- _Task to complete_: Set down exactly, from the records below, the line with "NoneIs-positions x [] h = tt" through the line with "index ≡ 0 + m", and nothing else.

- _Extracted entries_:

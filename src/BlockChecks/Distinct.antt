-- ===== src/BlockChecks/Distinct.antt =====
-- `find_duplicate`, the loop of the checks for duplicates in
-- nightfall-optimist/src/services/check-block.mjs, finds one exactly if there is one.
use nightfall.Common.{
  ℕ, suc, ◌+◌, ◌<◌, ◌≡◌, ◌≢◌, refl, sym, ap, subst, ◌∙◌, inl, inr, Option, some, List, [], ◌∷◌,
  get_elem?, if◌then◌else◌, arith, eq-cases, eq→==, ne→==,
}
use nightfall.BlockChecks.Duplicates.{last_index_of, break_or, find_duplicate}
use nightfall.BlockChecks.Positions.{last_index_of_lem}

abbrev pub NoneIs : ℕ → List ℕ → Type 0
NoneIs x [] = Unit {0}
NoneIs x (y ∷ ys) = (x ≢ y) × NoneIs x ys

-- All values are different.
abbrev pub Distinct : List ℕ → Type 0
Distinct [] = Unit {0}
Distinct (x ∷ xs) = NoneIs x xs × Distinct xs

NoneIs-positions : (x : ℕ) (ys : List ℕ) → ((k : ℕ) → get_elem? ys k ≢ some x) → NoneIs x ys
NoneIs-positions x [] h = tt
NoneIs-positions x (y ∷ ys) h =
    ((λ e. h 0 (ap some (sym e))), NoneIs-positions x ys (λ k. h (suc k)))

-- The rest of the values stands from a position on.
abbrev FromPosition : List ℕ → ℕ → List ℕ → Type 0
FromPosition values index rest = (k : ℕ) → get_elem? rest k ≡ get_elem? values (index + k)

FromPosition-tail :
    (values : List ℕ) (index x : ℕ) (xs : List ℕ)
    → FromPosition values index (x ∷ xs)
    → FromPosition values (suc index) xs
FromPosition-tail values index x xs h k = h (suc k) ∙ ap (get_elem? values) (add-suc index k)
  where
    add-suc : (a b : ℕ) → a + suc b ≡ suc a + b
    add-suc a b = omega arith

FromPosition-head :
    (values : List ℕ) (index x : ℕ) (xs : List ℕ)
    → FromPosition values index (x ∷ xs)
    → get_elem? values index ≡ some x
FromPosition-head values index x xs h = ap (get_elem? values) (add-zero index) ∙ sym (h 0)
  where
    add-zero : (a : ℕ) → a ≡ a + 0
    add-zero a = omega arith

-- If the loop finds nothing, the values are different.
pub find_duplicate-Distinct :
    (values : List ℕ) (index : ℕ) (rest : List ℕ)
    → FromPosition values index rest
    → (find_duplicate values index rest).1 ≡ 0
    → Distinct rest
unfolding find_duplicate
find_duplicate-Distinct values index [] from h = tt
find_duplicate-Distinct values index (x ∷ xs) from h =
    let (m, found, le, same) =
      last_index_of_lem x 0 index values (FromPosition-head values index x xs from) in
    elim (eq-cases index (0 + m)) [
      | inl last ↦ (
        NoneIs-positions x xs (later m last found),
        find_duplicate-Distinct values (suc index) xs (FromPosition-tail values index x xs from)
            (rw (found, eq→== index (0 + m) last) at h),
      )
      | inr ne ↦
          let zero_last : 0 + m ≡ 0 = rw (found, ne→== index (0 + m) ne) at h in
          absurd (omega arith)
    ]
  where
    some_same : {a b : ℕ} → ◌≡◌ {A = Option ℕ} (some a) (some b) → a ≡ b
    some_same h = cc

    later :
        (m : ℕ)
        → index ≡ 0 + m
        → last_index_of x 0 values ≡ some (0 + m)
        → (k : ℕ) → get_elem? xs k ≢ some x
    later m last found k e =
        let (n, found', le, same) =
          last_index_of_lem x 0 (suc index + k) values
            (sym (FromPosition-tail values index x xs from k) ∙ e) in
        let agree : ◌≡◌ {A = Option ℕ} (some _) (some _) = sym found ∙ found' in
        absurd (omega (arith, some_same agree))

find_duplicate-goes_on :
    (values : List ℕ) (index x : ℕ) (xs : List ℕ)
    → last_index_of x 0 values ≡ some index
    → find_duplicate values index (x ∷ xs) ≡ find_duplicate values (suc index) xs
unfolding find_duplicate
find_duplicate-goes_on values index x xs found =
    ap (break_or (find_duplicate values (suc index) xs) index) found
    ∙ ap (λ b. if b then find_duplicate values (suc index) xs else (index, index))
        (eq→== index index refl)

find_duplicate-stops :
    (values : List ℕ) (index x last : ℕ) (xs : List ℕ)
    → last_index_of x 0 values ≡ some last
    → index ≢ last
    → find_duplicate values index (x ∷ xs) ≡ (index, last)
unfolding find_duplicate
find_duplicate-stops values index x last xs found ne =
    ap (break_or (find_duplicate values (suc index) xs) index) found
    ∙ ap (λ b. if b then find_duplicate values (suc index) xs else (index, last))
        (ne→== index last ne)

-- Two positions of one value.
abbrev pub Twice : List ℕ → ℕ × ℕ → Type 0
Twice values found =
    (x : ℕ) × (found.0 < found.1)
    × (get_elem? values found.0 ≡ some x)
    × (get_elem? values found.1 ≡ some x)

-- If it finds something, it is two positions of one value, the first one first.
pub find_duplicate-Twice :
    (values : List ℕ) (index : ℕ) (rest : List ℕ)
    → FromPosition values index rest
    → (find_duplicate values index rest).1 ≢ 0
    → Twice values (find_duplicate values index rest)
find_duplicate-Twice values index [] from ne = absurd (ne (unfold find_duplicate in refl))
find_duplicate-Twice values index (x ∷ xs) from ne =
    let (m, found, le, same) =
      last_index_of_lem x 0 index values (FromPosition-head values index x xs from) in
    elim (eq-cases index m) [
      | inl last ↦
          let on : find_duplicate values index (x ∷ xs) ≡ find_duplicate values (suc index) xs =
            find_duplicate-goes_on values index x xs (found ∙ ap some (zero_add m ∙ sym last)) in
          subst (Twice values) (sym on) (
            find_duplicate-Twice values (suc index) xs (FromPosition-tail values index x xs from)
              (λ h. ne (ap (λ p. p.1) on ∙ h)))
      | inr other ↦
          subst (Twice values)
            (sym (find_duplicate-stops values index x m xs (found ∙ ap some (zero_add m)) other))
            (x, omega arith, FromPosition-head values index x xs from, same)
    ]
  where
    zero_add : (a : ℕ) → 0 + a ≡ a
    zero_add a = omega arith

- _Response to this task_:
NoneIs-positions x [] h = tt
NoneIs-positions x (y ∷ ys) h =
    ((λ e. h 0 (ap some (sym e))), NoneIs-positions x ys (λ k. h (suc k)))

-- The rest of the values stands from a position on.
abbrev FromPosition : List ℕ → ℕ → List ℕ → Type 0
FromPosition values index rest = (k : ℕ) → get_elem? rest k ≡ get_elem? values (index + k)

FromPosition-tail :
    (values : List ℕ) (index x : ℕ) (xs : List ℕ)
    → FromPosition values index (x ∷ xs)
    → FromPosition values (suc index) xs
FromPosition-tail values index x xs h k = h (suc k) ∙ ap (get_elem? values) (add-suc index k)
  where
    add-suc : (a b : ℕ) → a + suc b ≡ suc a + b
    add-suc a b = omega arith

FromPosition-head :
    (values : List ℕ) (index x : ℕ) (xs : List ℕ)
    → FromPosition values index (x ∷ xs)
    → get_elem? values index ≡ some x
FromPosition-head values index x xs h = ap (get_elem? values) (add-zero index) ∙ sym (h 0)
  where
    add-zero : (a : ℕ) → a ≡ a + 0
    add-zero a = omega arith

-- If the loop finds nothing, the values are different.
pub find_duplicate-Distinct :
    (values : List ℕ) (index : ℕ) (rest : List ℕ)
    → FromPosition values index rest
    → (find_duplicate values index rest).1 ≡ 0
    → Distinct rest
unfolding find_duplicate
find_duplicate-Distinct values index [] from h = tt
find_duplicate-Distinct values index (x ∷ xs) from h =
    let (m, found, le, same) =
      last_index_of_lem x 0 index values (FromPosition-head values index x xs from) in
    elim (eq-cases index (0 + m)) [
      | inl last ↦ (
        NoneIs-positions x xs (later m last found),
        find_duplicate-Distinct values (suc index) xs (FromPosition-tail values index x xs from)
            (rw (found, eq→== index (0 + m) last) at h),
      )
      | inr ne ↦
          let zero_last : 0 + m ≡ 0 = rw (found, ne→== index (0 + m) ne) at h in
          absurd (omega arith)
    ]
  where
    some_same : {a b : ℕ} → ◌≡◌ {A = Option ℕ} (some a) (some b) → a ≡ b
    some_same h = cc

    later :
        (m : ℕ)
        → index ≡ 0 + m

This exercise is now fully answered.